- [Task item]:
Take the entries that follow and return exactly the lines from the one holding "in_speech quiet = false" through the one holding "abbrev pub Alternates", both included. Nothing else is needed.

- [Records from a dataset]:
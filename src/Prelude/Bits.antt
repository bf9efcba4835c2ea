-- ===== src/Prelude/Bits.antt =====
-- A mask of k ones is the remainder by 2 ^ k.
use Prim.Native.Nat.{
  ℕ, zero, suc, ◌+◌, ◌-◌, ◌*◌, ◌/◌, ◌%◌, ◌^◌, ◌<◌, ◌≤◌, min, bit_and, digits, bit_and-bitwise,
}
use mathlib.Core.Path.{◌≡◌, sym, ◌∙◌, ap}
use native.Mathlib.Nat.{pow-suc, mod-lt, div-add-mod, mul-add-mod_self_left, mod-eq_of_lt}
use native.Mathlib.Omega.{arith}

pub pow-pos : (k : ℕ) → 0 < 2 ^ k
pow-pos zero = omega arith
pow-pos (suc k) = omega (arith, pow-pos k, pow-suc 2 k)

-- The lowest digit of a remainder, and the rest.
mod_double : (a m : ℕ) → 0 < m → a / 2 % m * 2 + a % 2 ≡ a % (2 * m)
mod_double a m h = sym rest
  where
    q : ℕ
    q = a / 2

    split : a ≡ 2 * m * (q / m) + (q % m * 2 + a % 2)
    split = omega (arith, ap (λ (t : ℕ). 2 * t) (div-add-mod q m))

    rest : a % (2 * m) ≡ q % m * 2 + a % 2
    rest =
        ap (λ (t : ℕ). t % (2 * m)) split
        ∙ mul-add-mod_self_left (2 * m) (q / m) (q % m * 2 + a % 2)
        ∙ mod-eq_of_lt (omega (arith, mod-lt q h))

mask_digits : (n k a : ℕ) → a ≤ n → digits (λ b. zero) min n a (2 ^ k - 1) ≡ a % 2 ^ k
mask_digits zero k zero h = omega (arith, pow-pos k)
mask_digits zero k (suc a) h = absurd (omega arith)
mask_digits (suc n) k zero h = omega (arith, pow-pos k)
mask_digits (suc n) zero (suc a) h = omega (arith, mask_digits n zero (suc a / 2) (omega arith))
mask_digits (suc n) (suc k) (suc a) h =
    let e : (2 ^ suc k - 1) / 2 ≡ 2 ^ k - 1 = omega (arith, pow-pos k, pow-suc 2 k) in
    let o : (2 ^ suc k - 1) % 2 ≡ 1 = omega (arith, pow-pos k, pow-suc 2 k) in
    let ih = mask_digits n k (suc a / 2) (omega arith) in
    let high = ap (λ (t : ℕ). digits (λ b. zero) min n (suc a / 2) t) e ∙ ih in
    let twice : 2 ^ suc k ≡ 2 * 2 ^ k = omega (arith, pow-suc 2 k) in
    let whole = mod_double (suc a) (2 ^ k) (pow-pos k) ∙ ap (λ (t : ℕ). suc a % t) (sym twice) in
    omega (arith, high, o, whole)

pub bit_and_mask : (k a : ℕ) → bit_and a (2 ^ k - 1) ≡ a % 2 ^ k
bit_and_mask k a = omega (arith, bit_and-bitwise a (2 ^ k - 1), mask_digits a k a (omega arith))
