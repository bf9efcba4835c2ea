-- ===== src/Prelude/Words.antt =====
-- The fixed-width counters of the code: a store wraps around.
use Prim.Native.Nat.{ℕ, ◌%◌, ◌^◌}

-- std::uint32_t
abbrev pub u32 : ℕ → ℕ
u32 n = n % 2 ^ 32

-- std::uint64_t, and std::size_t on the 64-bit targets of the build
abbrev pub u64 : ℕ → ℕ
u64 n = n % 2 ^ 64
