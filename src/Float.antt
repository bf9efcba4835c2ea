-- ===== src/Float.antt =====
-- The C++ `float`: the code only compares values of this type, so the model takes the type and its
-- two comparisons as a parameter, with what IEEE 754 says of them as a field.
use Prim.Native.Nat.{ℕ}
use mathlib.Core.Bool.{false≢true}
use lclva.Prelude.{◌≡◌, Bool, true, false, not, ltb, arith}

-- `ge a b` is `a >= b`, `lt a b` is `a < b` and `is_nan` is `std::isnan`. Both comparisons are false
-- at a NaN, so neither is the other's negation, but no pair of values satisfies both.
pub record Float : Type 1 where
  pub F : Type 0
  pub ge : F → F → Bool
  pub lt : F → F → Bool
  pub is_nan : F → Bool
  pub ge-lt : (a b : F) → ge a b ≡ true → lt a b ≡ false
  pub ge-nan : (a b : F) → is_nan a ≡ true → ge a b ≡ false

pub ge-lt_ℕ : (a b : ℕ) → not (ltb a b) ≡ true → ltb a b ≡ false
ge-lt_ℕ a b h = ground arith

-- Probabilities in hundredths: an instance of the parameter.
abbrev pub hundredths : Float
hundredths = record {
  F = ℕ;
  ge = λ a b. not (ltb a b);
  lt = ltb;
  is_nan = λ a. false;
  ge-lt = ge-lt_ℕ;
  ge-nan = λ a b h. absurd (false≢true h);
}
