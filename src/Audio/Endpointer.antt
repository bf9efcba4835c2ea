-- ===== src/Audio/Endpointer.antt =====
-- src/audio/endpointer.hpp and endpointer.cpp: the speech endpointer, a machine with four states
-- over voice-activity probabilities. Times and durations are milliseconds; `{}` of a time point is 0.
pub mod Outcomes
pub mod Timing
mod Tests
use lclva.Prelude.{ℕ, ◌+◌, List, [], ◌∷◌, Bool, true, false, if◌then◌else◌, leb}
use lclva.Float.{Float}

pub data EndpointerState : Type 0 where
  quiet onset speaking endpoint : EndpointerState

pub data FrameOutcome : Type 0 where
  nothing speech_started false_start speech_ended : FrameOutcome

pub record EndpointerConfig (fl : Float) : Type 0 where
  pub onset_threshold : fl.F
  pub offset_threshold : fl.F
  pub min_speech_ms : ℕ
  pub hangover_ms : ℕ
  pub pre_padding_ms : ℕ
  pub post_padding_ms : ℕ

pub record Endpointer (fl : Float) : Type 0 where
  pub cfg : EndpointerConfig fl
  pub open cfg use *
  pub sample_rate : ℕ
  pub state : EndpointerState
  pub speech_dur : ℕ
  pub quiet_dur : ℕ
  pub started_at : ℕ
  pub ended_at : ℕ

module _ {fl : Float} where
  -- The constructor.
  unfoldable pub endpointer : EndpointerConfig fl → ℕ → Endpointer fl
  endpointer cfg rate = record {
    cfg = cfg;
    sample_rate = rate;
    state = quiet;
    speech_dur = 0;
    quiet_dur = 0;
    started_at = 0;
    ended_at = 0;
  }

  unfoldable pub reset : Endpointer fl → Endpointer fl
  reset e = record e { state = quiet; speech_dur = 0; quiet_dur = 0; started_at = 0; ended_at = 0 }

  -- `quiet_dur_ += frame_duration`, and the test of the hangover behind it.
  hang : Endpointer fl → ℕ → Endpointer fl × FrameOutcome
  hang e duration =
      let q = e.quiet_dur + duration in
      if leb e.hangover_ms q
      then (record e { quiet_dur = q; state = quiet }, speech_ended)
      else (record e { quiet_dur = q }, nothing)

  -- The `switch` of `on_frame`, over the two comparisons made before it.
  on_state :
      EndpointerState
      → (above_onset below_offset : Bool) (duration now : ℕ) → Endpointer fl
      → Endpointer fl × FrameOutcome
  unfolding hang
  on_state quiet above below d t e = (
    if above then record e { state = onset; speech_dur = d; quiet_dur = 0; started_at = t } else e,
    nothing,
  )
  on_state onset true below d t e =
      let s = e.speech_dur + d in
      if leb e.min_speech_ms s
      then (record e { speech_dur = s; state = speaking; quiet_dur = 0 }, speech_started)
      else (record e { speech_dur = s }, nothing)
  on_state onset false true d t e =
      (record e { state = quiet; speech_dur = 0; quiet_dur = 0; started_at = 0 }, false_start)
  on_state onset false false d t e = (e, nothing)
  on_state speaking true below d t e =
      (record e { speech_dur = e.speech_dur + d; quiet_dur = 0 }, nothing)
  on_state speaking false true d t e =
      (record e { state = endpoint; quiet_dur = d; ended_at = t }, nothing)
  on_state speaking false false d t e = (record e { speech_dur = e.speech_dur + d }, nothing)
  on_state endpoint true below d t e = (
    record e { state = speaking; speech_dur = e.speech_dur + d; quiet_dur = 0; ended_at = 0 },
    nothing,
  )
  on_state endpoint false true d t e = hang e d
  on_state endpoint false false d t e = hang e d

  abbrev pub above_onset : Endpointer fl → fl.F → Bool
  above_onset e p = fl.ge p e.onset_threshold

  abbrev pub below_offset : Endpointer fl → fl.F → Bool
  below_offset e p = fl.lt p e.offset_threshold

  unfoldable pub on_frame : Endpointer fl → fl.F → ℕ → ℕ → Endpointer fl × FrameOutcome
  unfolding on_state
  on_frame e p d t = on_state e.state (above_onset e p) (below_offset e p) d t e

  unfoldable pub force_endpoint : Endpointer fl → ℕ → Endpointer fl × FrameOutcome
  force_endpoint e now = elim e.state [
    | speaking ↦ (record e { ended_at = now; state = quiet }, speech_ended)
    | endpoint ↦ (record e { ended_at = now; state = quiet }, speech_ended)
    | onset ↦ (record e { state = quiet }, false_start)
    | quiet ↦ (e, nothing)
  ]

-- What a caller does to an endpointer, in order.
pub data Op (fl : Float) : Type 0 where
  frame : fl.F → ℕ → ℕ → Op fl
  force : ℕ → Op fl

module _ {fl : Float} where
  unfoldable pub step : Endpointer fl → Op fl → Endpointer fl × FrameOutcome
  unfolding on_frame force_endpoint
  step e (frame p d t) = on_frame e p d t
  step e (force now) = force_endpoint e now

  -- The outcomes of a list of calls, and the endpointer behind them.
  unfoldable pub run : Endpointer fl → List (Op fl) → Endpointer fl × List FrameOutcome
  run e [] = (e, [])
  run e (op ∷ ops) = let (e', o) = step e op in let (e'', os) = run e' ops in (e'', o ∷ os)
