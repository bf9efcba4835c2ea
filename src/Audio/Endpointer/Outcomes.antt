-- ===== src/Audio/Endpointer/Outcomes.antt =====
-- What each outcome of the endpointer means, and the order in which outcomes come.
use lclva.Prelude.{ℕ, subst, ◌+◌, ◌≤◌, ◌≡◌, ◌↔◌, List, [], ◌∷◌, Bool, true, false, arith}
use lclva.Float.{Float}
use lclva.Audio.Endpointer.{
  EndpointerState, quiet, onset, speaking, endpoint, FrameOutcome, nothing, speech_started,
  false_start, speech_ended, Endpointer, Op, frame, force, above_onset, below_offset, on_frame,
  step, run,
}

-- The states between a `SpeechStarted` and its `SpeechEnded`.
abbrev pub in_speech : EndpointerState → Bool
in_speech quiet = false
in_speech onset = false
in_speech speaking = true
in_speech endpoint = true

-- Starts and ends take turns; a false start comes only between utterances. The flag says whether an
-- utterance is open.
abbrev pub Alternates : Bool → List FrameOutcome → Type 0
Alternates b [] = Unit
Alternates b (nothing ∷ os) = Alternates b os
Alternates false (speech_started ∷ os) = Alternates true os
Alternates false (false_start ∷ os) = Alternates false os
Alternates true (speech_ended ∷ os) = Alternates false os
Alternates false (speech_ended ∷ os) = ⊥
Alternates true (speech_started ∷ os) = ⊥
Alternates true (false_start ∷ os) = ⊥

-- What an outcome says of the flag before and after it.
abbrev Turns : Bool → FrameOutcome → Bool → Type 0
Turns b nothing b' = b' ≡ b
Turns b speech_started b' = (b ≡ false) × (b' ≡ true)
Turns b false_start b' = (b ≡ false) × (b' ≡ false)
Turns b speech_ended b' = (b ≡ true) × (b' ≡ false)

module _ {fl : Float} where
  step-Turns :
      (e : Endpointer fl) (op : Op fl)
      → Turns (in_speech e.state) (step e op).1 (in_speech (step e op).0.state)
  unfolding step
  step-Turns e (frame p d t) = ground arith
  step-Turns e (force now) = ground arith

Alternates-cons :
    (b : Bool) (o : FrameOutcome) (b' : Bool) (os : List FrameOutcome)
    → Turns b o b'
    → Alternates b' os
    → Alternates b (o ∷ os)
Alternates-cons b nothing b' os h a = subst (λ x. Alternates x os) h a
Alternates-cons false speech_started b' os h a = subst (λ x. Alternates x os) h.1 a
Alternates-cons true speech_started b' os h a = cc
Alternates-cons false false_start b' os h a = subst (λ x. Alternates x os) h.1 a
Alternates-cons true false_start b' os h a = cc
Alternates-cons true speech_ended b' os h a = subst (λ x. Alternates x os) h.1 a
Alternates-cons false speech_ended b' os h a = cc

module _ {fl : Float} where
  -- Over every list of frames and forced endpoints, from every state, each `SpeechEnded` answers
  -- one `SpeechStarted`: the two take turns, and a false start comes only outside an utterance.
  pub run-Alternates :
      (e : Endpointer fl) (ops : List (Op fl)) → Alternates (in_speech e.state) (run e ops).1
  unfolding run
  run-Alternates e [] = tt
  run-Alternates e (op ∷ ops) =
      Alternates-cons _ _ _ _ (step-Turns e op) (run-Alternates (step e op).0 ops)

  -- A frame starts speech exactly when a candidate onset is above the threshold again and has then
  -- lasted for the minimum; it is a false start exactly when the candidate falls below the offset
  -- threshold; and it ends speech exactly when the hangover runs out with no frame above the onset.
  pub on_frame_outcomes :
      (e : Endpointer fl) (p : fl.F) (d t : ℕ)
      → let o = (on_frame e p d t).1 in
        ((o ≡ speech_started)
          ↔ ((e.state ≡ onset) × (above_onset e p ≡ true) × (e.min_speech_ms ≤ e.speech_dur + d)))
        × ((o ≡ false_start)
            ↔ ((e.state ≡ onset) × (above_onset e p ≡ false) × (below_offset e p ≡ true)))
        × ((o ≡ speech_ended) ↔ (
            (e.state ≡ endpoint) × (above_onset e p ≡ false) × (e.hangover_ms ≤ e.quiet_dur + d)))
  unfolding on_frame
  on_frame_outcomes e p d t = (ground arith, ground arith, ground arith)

- [Task result]:
in_speech quiet = false
in_speech onset = false
in_speech speaking = true
in_speech endpoint = true

-- Starts and ends take turns; a false start comes only between utterances. The flag says whether an
-- utterance is open.
abbrev pub Alternates : Bool → List FrameOutcome → Type 0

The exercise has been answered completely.